**TASK:** Using the entries that follow, state how many lines contain "Type", with no other words.

[RECORDS PROVIDED]

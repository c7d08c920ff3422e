-- ===== src/Consix/Candidates/Squares.antt =====
-- `UniquePoint` keeps the squares of its list, each once, in the order of `CompPointPosition`.
use chess_set.Base.{
  Bool, true, false, ◌&&◌, ◌||◌, ◌≡◌, refl, ap, ◌∙◌, List, [], ◌∷◌, All, inl, inr, Bool-cases,
  arith,
}
use chess_set.Base.Int.{ℤ, ◌==ℤ◌}
use chess_set.Consix.State.{Point}
use chess_set.Consix.Candidates.{
  comp_point_position, equal_point, insert, sort, unique_after, unique, unique_point,
}
use chess_set.Consix.Candidates.Order.{Sorted, sort-Sorted, sort-All}

-- Some point of the list is at `(x, y)`.
pub has_square : ℤ → ℤ → List Point → Bool
has_square x y [] = false
has_square x y (p ∷ ps) = (p.x ==ℤ x && p.y ==ℤ y) || has_square x y ps

-- Each point is before all later ones, so no two of them are the same square.
abbrev pub Descending : List Point → Type 0
Descending [] = Unit
Descending (p ∷ ps) = All (λ q. comp_point_position p q ≡ true) ps × Descending ps

comp_asym : (p q : Point) → comp_point_position p q ≡ true → comp_point_position q p ≡ false
comp_asym p q h = ground arith

comp_after :
    (p q r : Point)
    → comp_point_position q p ≡ false
    → comp_point_position r q ≡ false
    → comp_point_position r p ≡ false
comp_after p q r h k = ground arith

comp_total :
    (p q : Point)
    → comp_point_position q p ≡ false
    → equal_point p q ≡ false
    → comp_point_position p q ≡ true
comp_total p q h k = ground arith

comp_pull :
    (p q r : Point)
    → comp_point_position p q ≡ true
    → comp_point_position r q ≡ false
    → comp_point_position p r ≡ true
comp_pull p q r h k = ground arith

pull_All :
    (p q : Point) (rs : List Point)
    → comp_point_position p q ≡ true
    → All (λ r. comp_point_position r q ≡ false) rs
    → All (λ r. comp_point_position p r ≡ true) rs
pull_All p q [] h all = tt
pull_All p q (r ∷ rs) h all = (comp_pull p q r h all.0, pull_All p q rs h all.1)

unique_after-All :
    (P : Point → Type 0) (p : Point) (qs : List Point)
    → All P qs
    → All P (unique_after equal_point p qs)
unfolding unique_after
unique_after-All P p [] all = tt
unique_after-All P p (q ∷ qs) all = elim (Bool-cases (equal_point p q)) [
  | inl e ↦ rw e (unique_after-All P p qs all.1)
  | inr e ↦ rw e (all.0, unique_after-All P q qs all.1)
]

unique_after-Descending :
    (p : Point) (qs : List Point)
    → All (λ q. comp_point_position q p ≡ false) qs
    → Sorted comp_point_position qs
    → Descending (p ∷ unique_after equal_point p qs)
unfolding unique_after
unique_after-Descending p [] h s = (tt, tt)
unique_after-Descending p (q ∷ qs) h s = elim (Bool-cases (equal_point p q)) [
  | inl e ↦ rw e (unique_after-Descending p qs h.1 s.1)
  | inr e ↦
      let first = comp_total p q h.0 e in
      rw e (
        (
          first,
          unique_after-All (λ r. comp_point_position p r ≡ true) q qs (pull_All p q qs first s.0),
        ),
        unique_after-Descending q qs s.0 s.1,
      )
]

insert-has_square :
    (x y : ℤ) (p : Point) (qs : List Point)
    → has_square x y (insert comp_point_position p qs) ≡ has_square x y (p ∷ qs)
unfolding insert has_square
insert-has_square x y p [] = refl
insert-has_square x y p (q ∷ qs) =
    let ih = insert-has_square x y p qs in
    elim (Bool-cases (comp_point_position q p)) [
      | inl e ↦ rw (e, has_square) (ground (arith, ih))
      | inr e ↦ rw e refl
    ]

sort-has_square :
    (x y : ℤ) (ps : List Point) → has_square x y (sort comp_point_position ps) ≡ has_square x y ps
unfolding sort has_square
sort-has_square x y [] = refl
sort-has_square x y (p ∷ ps) =
    insert-has_square x y p (sort comp_point_position ps)
    ∙ ap (λ b. (p.x ==ℤ x && p.y ==ℤ y) || b) (sort-has_square x y ps)

same_here :
    (x y : ℤ) (p q : Point)
    → equal_point p q ≡ true
    → (p.x ==ℤ x && p.y ==ℤ y) ≡ (q.x ==ℤ x && q.y ==ℤ y)
same_here x y p q h = ground arith

unique_after-has_square :
    (x y : ℤ) (p : Point) (qs : List Point)
    → has_square x y (p ∷ unique_after equal_point p qs) ≡ has_square x y (p ∷ qs)
unfolding unique_after has_square
unique_after-has_square x y p [] = refl
unique_after-has_square x y p (q ∷ qs) = elim (Bool-cases (equal_point p q)) [
  | inl e ↦
      let ih = unique_after-has_square x y p qs in
      let here = same_here x y p q e in rw e (ground (arith, ih, here))
  | inr e ↦ rw e (ap (λ b. (p.x ==ℤ x && p.y ==ℤ y) || b) (unique_after-has_square x y q qs))
]

unique-has_square :
    (x y : ℤ) (ps : List Point) → has_square x y (unique equal_point ps) ≡ has_square x y ps
unfolding unique
unique-has_square x y [] = refl
unique-has_square x y (p ∷ ps) = unique_after-has_square x y p ps

unique-Descending :
    (ps : List Point) → Sorted comp_point_position ps → Descending (unique equal_point ps)
unfolding unique
unique-Descending [] s = tt
unique-Descending (p ∷ ps) s = unique_after-Descending p ps s.0 s.1

-- `UniquePoint` keeps exactly the squares of its list, and orders them strictly, so that each square
-- stands in the result once.
pub unique_point_lem :
    (ps : List Point)
    → Descending (unique_point ps)
      × ((x y : ℤ) → has_square x y (unique_point ps) ≡ has_square x y ps)
unfolding unique_point
unique_point_lem ps = (
  unique-Descending (sort comp_point_position ps)
      (sort-Sorted comp_point_position comp_asym comp_after ps),
  λ x y. unique-has_square x y (sort comp_point_position ps) ∙ sort-has_square x y ps,
)

-- What holds of all points of a list holds of those that `UniquePoint` keeps.
pub unique_point-All : (P : Point → Type 0) (ps : List Point) → All P ps → All P (unique_point ps)
unfolding unique_point unique
unique_point-All P ps all =
    kept (sort comp_point_position ps) (sort-All comp_point_position P ps all)
  where
    kept : (qs : List Point) → All P qs → All P (unique equal_point qs)
    kept [] h = tt
    kept (q ∷ qs) h = (h.0, unique_after-All P q qs h.1)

[/RECORDS PROVIDED]

**EXERCISE OUTPUT:** 3